So long as DTC or its nominee is the registered owner of a global security, DTC or its
nominee, as the case may be, will be considered the sole owner or holder of the debentures
represented by that global security for all purposes under the indenture. Except as provided
below, owners of beneficial interests in a global security will not be entitled to have debentures
represented by that global security registered in their names, will not receive or be entitled to
receive physical delivery of debentures in definitive form and will not be considered the owners or
holders thereof under the indenture.
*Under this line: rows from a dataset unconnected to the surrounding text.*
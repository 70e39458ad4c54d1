-- ===== src/Observer/Certificate.antt =====
-- certificate_observer.go: PEM blocks and the fingerprints of a certificate.
use caddy_storage_redis.Prelude.{
  ℕ, zero, suc, ◌+◌, ◌-◌, ◌%◌, ◌^◌, Bytes, List, [], ◌∷◌, ◌++◌, Bool, true, false, not, ◌&&◌, ◌||◌,
  Option, none, some, if◌then◌else◌, equal, is_empty, codes, length, ltb, leb, ◌==◌, take, String,
}
use caddy_storage_redis.Go.Strings.{has_prefix, trim_suffix}
use caddy_storage_redis.Go.Hex.{encode_to_string}
use caddy_storage_redis.Go.Strconv.{ℤ, pos, negsuc}

-- `pem.Block`; of the headers only their number is looked at.
pub record Block : Type 0 where
  pub type : Bytes
  pub headers : ℕ
  pub bytes : Bytes

-- The named curves that crypto/x509 knows.
pub data Curve : Type 0 where
  p224 p256 p384 p521 : Curve

-- The public keys that crypto/x509 gives; a `*big.Int` may be nil.
pub data PublicKey : Type 0 where
  ecdsa : Curve → Option ℤ → Option ℤ → PublicKey
  rsa : Option ℤ → ℤ → PublicKey
  other : PublicKey

-- `pkix.Extension`
pub record Extension : Type 0 where
  pub id : List ℕ
  pub value : Bytes

pub record Certificate : Type 0 where
  pub raw : Bytes
  pub extensions : List Extension
  pub public_key : PublicKey

-- `asn1.RawValue`
pub record RawValue : Type 0 where
  pub class : ℕ
  pub tag : ℕ
  pub is_compound : Bool
  pub bytes : Bytes

-- What the standard library's decoders and hashes give. `none` is a nil block, or an error.
pub record Decoders : Type 0 where
  pub trim_space : Bytes → Bytes
  pub pem_decode : Bytes → Option (Block × Bytes)
  pub parse_certificate : Bytes → Option Certificate
  pub unmarshal_raw : Bytes → Option (RawValue × Bytes)
  pub marshal_pkix_public_key : PublicKey → Option Bytes
  pub is_on_curve : Curve → ℤ → ℤ → Bool
  pub sha256 : Bytes → Bytes

abbrev pub begin_marker : Bytes
begin_marker = codes "-----BEGIN "

-- `bytes.Count` of a text that does not overlap itself.
unfoldable pub count_of : Bytes → Bytes → ℕ
unfolding has_prefix
count_of marker [] = if has_prefix [] marker then 1 else 0
count_of marker (c ∷ s) = (if has_prefix (c ∷ s) marker then 1 else 0) + count_of marker s

-- The bytes before the first newline, if there is one.
unfoldable pub first_line : Bytes → Option Bytes
first_line [] = none
first_line (c ∷ s) =
    let rest = first_line s in
    if c == 10 then some [] else elim rest [ none ↦ none | some l ↦ some (c ∷ l) ]

-- The size of an integer, without its sign.
abbrev pub magnitude : ℤ → ℕ
magnitude (pos n) = n
magnitude (negsuc n) = n + 1

abbrev pub is_odd_exponent : ℤ → Bool
is_odd_exponent (pos e) = leb 3 e && leb e 2147483647 && (e % 2 == 1)
is_odd_exponent (negsuc e) = false

-- `BitLen() >= 2048 && BitLen() <= 4096`
unfoldable pub has_rsa_size : ℤ → Bool
has_rsa_size n = leb (2 ^ 2047) (magnitude n) && ltb (magnitude n) (2 ^ 4096)

module _ (D : Decoders) where
  -- `fingerprint`
  unfoldable pub fingerprint : Bytes → Bytes
  fingerprint b = encode_to_string (D.sha256 b)

  -- The consumed text is the block that it begins with.
  is_first_block : Block → Bytes → Bool
  unfolding first_line count_of has_prefix trim_suffix
  is_first_block block consumed = elim (first_line consumed) [
    | none ↦ false
    | some line ↦
        (count_of begin_marker consumed == 1)
        && equal (trim_suffix 13 line) (begin_marker ++ (block.type ++ codes "-----"))
  ]

  decoded_block : Bytes → Option (Block × Bytes) → Option (Block × Bytes)
  unfolding is_first_block
  decoded_block b none = none
  decoded_block b (some (block, rest)) =
      if not (block.headers == 0) || not (is_first_block block (take (length b - length rest) b))
      then none
      else some (block, D.trim_space rest)

  -- `decodePEM`
  unfoldable pub decode_pem : Bytes → Option (Block × Bytes)
  unfolding decoded_block has_prefix
  decode_pem b =
      let trimmed = D.trim_space b in
      if has_prefix trimmed begin_marker then decoded_block trimmed (D.pem_decode trimmed) else none

  -- `supportedPublicKey`
  unfoldable pub supported_public_key : PublicKey → Bool
  unfolding has_rsa_size
  supported_public_key (ecdsa p224 x y) = false
  supported_public_key (ecdsa c (some x) (some y)) = D.is_on_curve c x y
  supported_public_key (ecdsa c x y) = false
  supported_public_key (rsa none e) = false
  supported_public_key (rsa (some n) e) = has_rsa_size n && is_odd_exponent e
  supported_public_key other = false

  -- A general name that is the host name, as the one element of the sequence.
  is_dns_name : Bytes → Option (RawValue × Bytes) → Bool
  is_dns_name hostname none = false
  is_dns_name hostname (some (name, rest)) =
      is_empty rest
      && (name.class == 2)
      && (name.tag == 2)
      && not name.is_compound
      && equal name.bytes hostname

  is_names : Bytes → Option (RawValue × Bytes) → Bool
  unfolding is_dns_name
  is_names hostname none = false
  is_names hostname (some (sequence, rest)) =
      (is_empty rest && (sequence.class == 0) && (sequence.tag == 16) && sequence.is_compound)
      && is_dns_name hostname (D.unmarshal_raw sequence.bytes)

  same_id : List ℕ → List ℕ → Bool
  same_id a b = equal a b

  -- `singleHostnameSAN`, on the extensions
  unfoldable pub single_hostname_san : List Extension → Bytes → Bool
  unfolding is_names same_id equal
  single_hostname_san [] hostname = false
  single_hostname_san (x ∷ xs) hostname =
      let rest = single_hostname_san xs hostname in
      if same_id x.id (2 ∷ 5 ∷ 29 ∷ 17 ∷ [])
      then is_names hostname (D.unmarshal_raw x.value)
      else rest

  abbrev pub is_type : String → Block → Bool
  is_type t block = equal block.type (codes t)

  is_certificate : Block → Bool
  is_certificate block =
      is_type "CERTIFICATE" block
      && (elim (D.parse_certificate block.bytes) [ none ↦ false | some c ↦ true ])

  -- The loop over the rest of a chain: at most seven more certificates.
  unfoldable pub is_chain : ℕ → Bytes → Bool
  unfolding decode_pem is_certificate
  is_chain n [] = true
  is_chain zero (c ∷ rest) = false
  is_chain (suc n) (c ∷ rest) = elim (decode_pem (c ∷ rest)) [
    | none ↦ false
    | some (next, more) ↦ is_certificate next && is_chain n more
  ]

  -- What is made of the first certificate.
  unfoldable pub leaf_fingerprints : Bytes → Bytes → Option Certificate → Bytes × Bytes
  unfolding single_hostname_san supported_public_key is_chain fingerprint
  leaf_fingerprints hostname rest none = ([], [])
  leaf_fingerprints hostname rest (some leaf) =
      if not (single_hostname_san leaf.extensions hostname)
        || not (supported_public_key leaf.public_key)
        || not (is_chain 7 rest)
      then ([], [])
      else elim (D.marshal_pkix_public_key leaf.public_key) [
        | none ↦ ([], [])
        | some pub_key ↦ (fingerprint leaf.raw, fingerprint pub_key)
      ]

  -- `certificateFingerprints`
  unfoldable pub certificate_fingerprints : Bytes → Bytes → Bytes × Bytes
  unfolding decode_pem leaf_fingerprints
  certificate_fingerprints b hostname =
      if ltb 65536 (length b) then ([], []) else elim (decode_pem b) [
        | none ↦ ([], [])
        | some (block, rest) ↦
            if is_type "CERTIFICATE" block
            then leaf_fingerprints hostname rest (D.parse_certificate block.bytes)
            else ([], [])
      ]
Beneficial owners will not be holders and will not be
entitled to any rights provided to the holders of debentures under the global securities or the
indenture. Principal and interest payments, if any, on debentures registered in the name of DTC or
its nominee will be made to DTC or its nominee, as the case may be, as the registered owner of the
relevant global security. Neither we, the trustee, any paying agent or the registrar for the
debentures will have any responsibility or liability for any aspect of the records relating to or
21
payments made on account of beneficial interests in a global security or for maintaining,
supervising or reviewing any records relating to such beneficial interests.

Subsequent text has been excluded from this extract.